Por una parte, es una democracia que prioriza la toma de decisiones en lo local. Si hubiese que definirla con otra expresión, la podríamos llamar democracia de cabildos. Karl Loewenstein las denominó “directoriales”. En ellas el epicentro del poder es el escenario local.
La participativa es una democracia descentralizada, horizontal, local y reticular, tal como tienden a ser las organizaciones humanas de la actual era postindustrial.
Por el contrario, el parlamentarismo, como toda institución propia de la vieja edad moderna e industrial, es un sistema centralista y vertical.
Democracia digital. La otra característica básica de la democracia participativa es la inmediatez dinámica que la tecnología digital está permitiendo.
La democracia participativa es una “democracia digital”, pues, además de su naturaleza local, su naturaleza es también tecnológica.
Estoy convencido de que en los próximos años, conforme se popularice la cultura digital y avance el desarrollo de prácticas como la firma digital, la huella digital o el encriptamiento de datos y votos, entre otros, se implementará la consulta ciudadana permanente a través de prácticas novedosas como el cibervoto.
De hecho, tanto en Costa Rica como en otros países, el ejercicio del “gobierno digital” es ya una realidad en materias de particular gravedad, como lo son, entre otras gestiones públicas, las licitaciones, los concursos públicos, la inscripción jurídico-registral de empresas o la notificación y presentación judicial de escritos y documentos.
No se tenga duda de que también las consultas populares en materia de políticas públicas, constantes e inmediatas y por medios informáticos, serán una realidad en un futuro cercano. Así como hoy se impone un “gobierno digital”, las próximas generaciones verán una “democracia digital”.
Así las cosas, ante la posibilidad de una realidad participativa de tal envergadura democrática, ¿por qué invocar el regreso del parlamentarismo costarricense? Es convocar un aquelarre para invocar el espíritu de un muerto.
Y me refiero al “regreso”, pues en el siglo XIX Costa Rica vivió un breve período de parlamentarismo bicameral.
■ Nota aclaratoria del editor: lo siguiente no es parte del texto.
-- ===== src/Socket/Recv.antt =====
-- `recv_data` takes bytes off the connection, in order and once each; as many as were asked for if
-- it answers `ok`, and it does if they have arrived.
use shp.Base.{
  ℕ, zero, suc, ◌+◌, ◌-◌, ◌%◌, ◌≤◌, ◌<◌, ◌≡◌, refl, sym, ap, ◌∙◌, ℤ, pos, negsuc, List, [], ◌∷◌,
  ◌++◌, some, none, Option, length, done, true, false, ◌⊎◌, Bool-cases, inl, inr, arith,
  append_assoc, append_split, ap₂, length-append, ltb, ◌&&◌,
}
use shp.Memory.{u32_mod, IsU32}
use shp.ErrorCodes.{ErrorCode, is_ok, ok, eq_of_is_ok, system_error, transport_error}
use shp.Os.{Os}
use shp.Os.Laws.{RecvLaws, IsPrompt}
use shp.Os.Actions.{Io}
use shp.Socket.{recv_once, recv_round, recv_loop, recv_data, is_settable, limit_of}

module _ (os : Os) (laws : RecvLaws os) where
  open os use {World}
  open laws use {incoming}

  -- A part of `recv_data` that ends, and has taken some bytes.
  record Takes {A : Type 0} (fd : ℤ) (wanted : ℕ) (w : World) (run : Io World A)
      (code : A → ErrorCode) (bytes : A → List ℕ) : Type 0 where
    result : A
    after : World
    runs : run w ≡ done (result, after)
    bounded : length (bytes result) ≤ wanted
    taken : incoming w fd ≡ bytes result ++ incoming after fd
    progress : is_ok (code result) ≡ true → 0 < length (bytes result)
    ready : IsPrompt os laws → 0 < wanted → 0 < length (incoming w fd) → code result ≡ ok

  recv_once-Takes :
      (fd : ℤ) (wanted : ℕ) (w : World)
      → Takes fd wanted w (recv_once os fd wanted) (λ r. r.0) (λ r. r.1)
  unfolding recv_once
  recv_once-Takes fd wanted w = received (os.recv fd wanted w).0 refl
    where
      received :
          (res : Option (List ℕ))
          → (os.recv fd wanted w).0 ≡ res
          → Takes fd wanted w (recv_once os fd wanted) (λ r. r.0) (λ r. r.1)
      received none e = record {
        result = (transport_error, []);
        after = (os.recv fd wanted w).1;
        runs = rw e;
        bounded = omega arith;
        taken = sym (laws.recv_none fd wanted w e);
        progress = λ p. cc;
        ready = λ p h l. cc ((p.recv_ready fd wanted w h l).2);
      }
      received (some []) e = record {
        result = (transport_error, []);
        after = (os.recv fd wanted w).1;
        runs = rw e;
        bounded = omega arith;
        taken = (laws.recv_some fd wanted w [] e).1;
        progress = λ p. cc;
        ready = λ p h l. cc ((p.recv_ready fd wanted w h l).2);
      }
      received (some (b ∷ bytes)) e = record {
        result = (ok, b ∷ bytes);
        after = (os.recv fd wanted w).1;
        runs = rw e;
        bounded = (laws.recv_some fd wanted w (b ∷ bytes) e).0;
        taken = (laws.recv_some fd wanted w (b ∷ bytes) e).1;
        progress = λ p. omega arith;
        ready = λ p h l. refl;
      }

  recv_round-Takes :
      (fd : ℤ) (wanted limit : ℕ) (w : World)
      → Takes fd wanted w (recv_round os fd wanted limit) (λ r. r.0.0) (λ r. r.0.1)
  unfolding recv_round
  recv_round-Takes fd wanted limit w = selected (os.select_read fd limit w).0.0 refl
    where
      w1 : World
      w1 = (os.select_read fd limit w).1

      same : incoming w1 fd ≡ incoming w fd
      same = laws.select_read-incoming fd limit w

      selected :
          (res : ℤ)
          → (os.select_read fd limit w).0.0 ≡ res
          → Takes fd wanted w (recv_round os fd wanted limit) (λ r. r.0.0) (λ r. r.0.1)
      selected (negsuc n) e = record {
        result = ((system_error, []), (os.select_read fd limit w).0.1);
        after = w1;
        runs = rw e;
        bounded = omega arith;
        taken = sym same;
        progress = λ p. cc;
        ready = λ p h l. cc (p.select_ready fd limit w l);
      }
      selected (pos zero) e = record {
        result = ((transport_error, []), (os.select_read fd limit w).0.1);
        after = w1;
        runs = rw e;
        bounded = omega arith;
        taken = sym same;
        progress = λ p. cc;
        ready = λ p h l. ground (arith, e, p.select_ready fd limit w l);
      }
      selected (pos (suc n)) e =
          let s = recv_once-Takes fd wanted w1 in
          record {
            result = (s.result, (os.select_read fd limit w).0.1);
            after = s.after;
            runs = rw (e, s.runs);
            bounded = s.bounded;
            taken = sym same ∙ s.taken;
            progress = s.progress;
            ready = λ p h l. s.ready p h (rw same l);
          }

  -- A run of the whole loop behind the bytes received before it: it ends, and the bytes that it adds
  -- are the next on the connection. It answers `ok` only with all that is wanted, and if they have
  -- arrived it does.
  pub record Receives (fd : ℤ) (to_receive : ℕ) (received : List ℕ) (w : World)
      (run : Io World (ErrorCode × List ℕ)) : Type 0 where
    pub result : ErrorCode
    pub bytes : List ℕ
    pub after : World
    pub runs : run w ≡ done ((result, received ++ bytes), after)
    pub bounded : length received + length bytes ≤ to_receive
    pub taken : incoming w fd ≡ bytes ++ incoming after fd
    pub complete : result ≡ ok → length received + length bytes ≡ to_receive
    pub ready :
        IsPrompt os laws
        → length received < to_receive
        → to_receive ≤ length received + length (incoming w fd)
        → result ≡ ok

  recv_loop-Receives :
      (fuel : ℕ) (fd : ℤ) (to_receive : ℕ) (received : List ℕ) (limit : ℕ) (w : World)
      → to_receive < fuel + length received
      → length received ≤ to_receive
      → IsU32 to_receive
      → Receives fd to_receive received w (recv_loop os fuel fd to_receive received limit)
  unfolding recv_loop
  recv_loop-Receives zero fd to_receive received limit w lt h word = absurd (omega arith)
  recv_loop-Receives (suc fuel) fd to_receive received limit w lt h word =
      let wanted = (to_receive + u32_mod - length received) % u32_mod in
      let room : wanted ≡ to_receive - length received = omega arith in
      let s = recv_round-Takes fd wanted limit w in
      let new = s.result.0.1 in
      let all : length (received ++ new) ≡ length received + length new =
        length-append received new in
      elim (Bool-cases (is_ok s.result.0.0 && ltb (length (received ++ new)) to_receive)) [
        | inr last ↦ record {
          result = s.result.0.0;
          bytes = new;
          after = s.after;
          runs = rw (s.runs, last);
          bounded = omega (arith, s.bounded);
          taken = s.taken;
          complete = λ e. ground (arith, s.bounded, e, last);
          ready = λ p l enough. s.ready p (omega arith) (omega arith);
        }
        | inl more ↦
            let some_new : 0 < length new = s.progress (ground (arith, more)) in
            let d =
              recv_loop-Receives fuel fd to_receive (received ++ new) s.result.1 s.after
                (omega arith) (omega (arith, s.bounded)) word in
            record {
              result = d.result;
              bytes = new ++ d.bytes;
              after = d.after;
              runs =
                  rw (s.runs, more)
                    (d.runs
                      ∙ ap (λ b. done ((d.result, b), d.after))
                          (append_assoc received new d.bytes));
              bounded = omega (arith, d.bounded, length-append new d.bytes);
              taken =
                  s.taken
                  ∙ ap (◌++◌ new) d.taken
                  ∙ sym (append_assoc new d.bytes (incoming d.after fd));
              complete = λ e. omega (arith, d.complete e, length-append new d.bytes);
              ready = λ p l enough.
                  d.ready p (ground (arith, more))
                    (omega (arith, ap length s.taken, length-append new (incoming s.after fd)));
            }
      ]

  -- `recv_data` ends.
  pub recv_data-Receives :
      (fd : ℤ) (to_receive timeout : ℕ) (w : World)
      → is_settable fd ≡ true
      → IsU32 to_receive
      → Receives fd to_receive [] w (recv_data os fd to_receive timeout)
  unfolding recv_data
  recv_data-Receives fd to_receive timeout w open_fd word =
      let d =
        recv_loop-Receives (suc to_receive) fd to_receive [] (limit_of timeout) w (omega arith)
          (omega arith) word in
      record {
        result = d.result;
        bytes = d.bytes;
        after = d.after;
        runs = rw open_fd d.runs;
        bounded = d.bounded;
        taken = d.taken;
        complete = d.complete;
        ready = d.ready;
      }

  -- On an open descriptor of a prompt connection, bytes that have arrived are received exactly and in
  -- one call of `recv_data`, with the result `ok`; what follows them stays on the connection.
  pub recv_data_arrived :
      (fd : ℤ) (timeout : ℕ) (body rest : List ℕ) (w : World)
      → IsPrompt os laws
      → is_settable fd ≡ true
      → 0 < length body
      → IsU32 (length body)
      → incoming w fd ≡ body ++ rest
      → (w' : World) × (recv_data os fd (length body) timeout w ≡ done ((ok, body), w'))
        × (incoming w' fd ≡ rest)
  recv_data_arrived fd timeout body rest w prompt open_fd some_body word e =
      let d = recv_data-Receives fd (length body) timeout w open_fd word in
      let success : d.result ≡ ok =
        d.ready prompt some_body (omega (arith, ap length e, length-append body rest)) in
      let (same, after) =
        append_split d.bytes (incoming d.after fd) body rest (sym d.taken ∙ e)
          (omega (arith, d.complete success)) in
      (d.after, d.runs ∙ ap₂ (λ r b. done ((r, b), d.after)) success same, after)

  -- What a caller sees of `recv_data`.
  pub record TakesFront (fd : ℤ) (to_receive : ℕ) (w : World) (run : Io World (ErrorCode × List ℕ))
      : Type 0 where
    pub result : ErrorCode
    pub bytes : List ℕ
    pub after : World
    pub runs : run w ≡ done ((result, bytes), after)
    pub bounded : length bytes ≤ to_receive
    pub taken : incoming w fd ≡ bytes ++ incoming after fd
    pub complete : (is_ok result ≡ false) ⊎ (length bytes ≡ to_receive)

  -- On an open descriptor, `recv_data` ends with bytes that are the next on the connection: none is
  -- lost, at most as many as asked for are taken, and the result is a failure or these are all that
  -- were asked for.
  pub recv_data-TakesFront :
      (fd : ℤ) (to_receive timeout : ℕ) (w : World)
      → is_settable fd ≡ true
      → IsU32 to_receive
      → TakesFront fd to_receive w (recv_data os fd to_receive timeout)
  recv_data-TakesFront fd to_receive timeout w open_fd word =
      let d = recv_data-Receives fd to_receive timeout w open_fd word in
      record {
        result = d.result;
        bytes = d.bytes;
        after = d.after;
        runs = d.runs;
        bounded = omega (arith, d.bounded);
        taken = d.taken;
        complete = elim (Bool-cases (is_ok d.result)) [
          | inl success ↦ inr (omega (arith, d.complete (eq_of_is_ok d.result success)))
          | inr failure ↦ inl failure
        ];
      }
Frente a las apremiantes necesidades de desarrollo estructural que entonces tenía el país, fue sustituido porque no operó bien en aquella realidad.
Advirtamos que pensar en el regreso de una institución como el parlamentarismo, es pensar en la vuelta de un modelo diseñado por la nobleza europea al final de la edad media. Un sistema forjado con el objetivo de enfrentar el poder de los reyes. Es volver a la carbolina en tiempos de penicilina.
El autor es abogado constitucionalista.